Question

How do you find the Arithmetic means of the sequence 3,_,_,_,_,_,27 ?

Answer 1

Hint: In order to determine the terms of the given arithmetic sequence, find out the first term $ a $ which will be equal to $ 3 $ and the common difference by subtracting any two consecutive terms from the sequence, which is not known. Now put these values along with $ n = 7 $ (because five terms were given blank previously) in the formula of the nth term of AP, $ {a_n} = a + (n - 1)d $ to obtain the value of common difference.

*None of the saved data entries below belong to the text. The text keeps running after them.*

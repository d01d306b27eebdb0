-- ===== src/Auth/Refresh/Reuse.antt =====
-- The refresh that fails: what it leaves, and what a reused token brings about.
use nyzrating.Prelude.{
  ℕ, ◌≡◌, refl, true, false, ◌&&◌, arith, Option, none, some, List, [], ◌∷◌, map, All,
  if◌then◌else◌, ◌==◌, sym, ap, ◌∙◌, subst,
}
use mathlib.Core.Option.{some-injective}
use nyzrating.Prelude.Text.{codes, text_eq, text_eq_refl, or_empty}
use nyzrating.Auth.Tokens.{Payload, accepted, Jwt, Config, verify}
use nyzrating.Auth.Sessions.{Session, Sessions, get_by_jti, invalidated, invalidate_all_for_user}
use nyzrating.Auth.Refresh.{
  RefreshResult, refresh_failed, session_reuse_detected, Call, refresh, check_session,
  check_subject, check_verdict, tenant_ver, versions_match,
}

closes_user :
    (user_id : ℕ) (rows : List Session)
    → All
        (λ s. s.user_id == user_id && s.valid ≡ false)
        (map (λ s. if s.user_id == user_id && s.valid then invalidated s else s) rows)
unfolding invalidated
closes_user user_id [] = tt
closes_user user_id (s ∷ rows) = (ground arith, closes_user user_id rows)

module _ {T : Type 0} (jwt : Jwt T) (config : Config) where
  subject_reaches :
      (call : Call) (payload : Payload) (sub : Option ℕ) (user_id : ℕ) (rec : Session)
      (t : Sessions)
      → sub ≡ some user_id
      → versions_match call.users user_id payload (tenant_ver call) ≡ true
      → get_by_jti payload.jti t ≡ some rec
      → check_subject jwt config call sub payload t
        ≡ check_session jwt config call user_id payload rec t
  subject_reaches call payload none user_id rec t e v f = cc
  subject_reaches call payload (some id) user_id rec t e v f =
      subst
        (λ i.
          check_subject jwt config call (some i) payload t
          ≡ check_session jwt config call user_id payload rec t)
        (sym (some-injective id user_id e)) (rw v (rw f refl))

  -- An accepted refresh token of current versions and of a known session gets to the checks of
  -- the session.
  pub refresh-check_session :
      (call : Call) (token : T) (t : Sessions) (payload : Payload) (user_id : ℕ) (rec : Session)
      → verify jwt config call.now token ≡ accepted payload
      → payload.typ ≡ some (codes "refresh")
      → payload.sub ≡ some user_id
      → versions_match call.users user_id payload (tenant_ver call) ≡ true
      → get_by_jti payload.jti t ≡ some rec
      → refresh jwt config call token t ≡ check_session jwt config call user_id payload rec t
  unfolding refresh
  refresh-check_session call token t payload user_id rec v typ sub ver found =
      let kind : text_eq (or_empty payload.typ) (codes "refresh") ≡ true =
        subst (λ p. text_eq (or_empty p) (codes "refresh") ≡ true) (sym typ)
          (text_eq_refl (codes "refresh")) in
      ap (λ verdict. check_verdict jwt config call verdict t) v
      ∙ rw kind (subject_reaches call payload payload.sub user_id rec t sub ver found)

  closed_session :
      (call : Call) (user_id : ℕ) (payload : Payload) (rec : Session) (t : Sessions)
      → rec.valid ≡ false
      → call.permissions_changed_get rec.user_id ≡ false
      → check_session jwt config call user_id payload rec t
        ≡ (refresh_failed session_reuse_detected, invalidate_all_for_user rec.user_id t)
  unfolding check_session
  closed_session call user_id payload rec t closed unchanged = ground arith

  -- An accepted refresh token of current versions whose session is closed fails with
  -- SESSION_REUSE_DETECTED and leaves no open session of the session's user, unless the
  -- permissions of that user have just changed.
  pub reuse_closes-All :
      (call : Call) (token : T) (t : Sessions) (payload : Payload) (user_id : ℕ) (rec : Session)
      → verify jwt config call.now token ≡ accepted payload
      → payload.typ ≡ some (codes "refresh")
      → payload.sub ≡ some user_id
      → versions_match call.users user_id payload (tenant_ver call) ≡ true
      → get_by_jti payload.jti t ≡ some rec
      → rec.valid ≡ false
      → call.permissions_changed_get rec.user_id ≡ false
      → let end = refresh jwt config call token t in
        (end.0 ≡ refresh_failed session_reuse_detected)
        × All (λ s. s.user_id == rec.user_id && s.valid ≡ false) end.1.rows
  unfolding invalidate_all_for_user
  reuse_closes-All call token t payload user_id rec v typ sub ver found closed unchanged =
      subst
        (λ (e : RefreshResult T × Sessions).
          (e.0 ≡ refresh_failed session_reuse_detected)
          × All (λ s. s.user_id == rec.user_id && s.valid ≡ false) e.1.rows)
        (sym (
          refresh-check_session call token t payload user_id rec v typ sub ver found
          ∙ closed_session call user_id payload rec t closed unchanged))
        (refl, closes_user rec.user_id t.rows)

Complete step-by-step answer:
Clearly, the given sequence is an Arithmetic Progression (A.P.).
As we know the $ nth $ term of an A.P. is $ {a_n} = a + (n - 1)d $
where $ a $ is the first term, $ d $ is the common constant difference
So, the $ 7th $ term of the A.P. will be $ {a_7} $
In our sequence first term $ a = 3 $
According to the question we have to find the value of terms which would be $ {a_3} $ , $ {a_3} $ , $ {a_4} $ , $ {a_5} $ , $ {a_6} $ .
Now putting the values of $ n,a\,and\,d $ in the $ nth $ term of A.P. we get
 $
  {a_n} = a + (n - 1)d \\
  {a_7} = 3 + (7 - 1)(d) \\
  27 = 3 + (6)(d) \\
  27 - 3 = 6d \\
  24 = 6d \\
  \dfrac{{24}}{6} = \dfrac{{6d}}{6} \\
  4 = d \\
   = > d = 4 \;
 $
Therefore, $ d $ (common difference) is equal to $ 4 $ .
Now, for next term that is $ n = 2 $ , put the values of $ n,a\,and\,d $ in the $ nth $ term of A.P. we get:
 $
 \Rightarrow {a_2} = a + d \\
  {a_2} = 3 + 4 \\
  {a_2} = 7 \;
 $
Now, for next term that is $ n = 3 $ , put the values of $ n,{a_2}\,and\,d $ in the $ nth $ term of A.P. we get:
 $
 \Rightarrow {a_3} = {a_2} + d \\
  {a_3} = 7 + 4 \\
  {a_3} = 11 \;
 $
Now, for next term that is $ n = 4 $ , put the values of $ n,{a_3}and\,d $ in the $ nth $ term of A.P. we get:
$
 \Rightarrow {a_4} = {a_3} + d \\
  {a_4} = 11 + 4 \\
  {a_4} = 15 \;
 $
Now, for next term that is $ n = 5 $ , put the values of $ n,{a_4}\,and\,d $ in the $ nth $ term of A.P. we get:
 $
 \Rightarrow {a_5} = {a_4} + d \\
  {a_5} = 15 + 4 \\
  {a_5} = 19 \;
 $
Now, for next term that is $ n = 6 $ , put the values of $ n,{a_5}\,and\,d $ in the $ nth $ term of A.P. we get:
 $
 \Rightarrow {a_6} = {a_5} + d \\
  {a_6} = 19 + 4 \\
  {a_6} = 23 \;
 $
Hence, the Arithmetic means of the sequence 3,_,_,_,_,_,27 are $ 7,11,15,19,23 $ .
So, the correct answer is “ $ 7,11,15,19,23 $ ”.

Note: 1.Don’t forgot to cross-check your answer.
2.The difference between any two consecutive terms in an A.P. is always the same and if it is not the same, then the given series is not an A.P.
3. $ (n - 1) $ is nothing but the position of term in the sequence.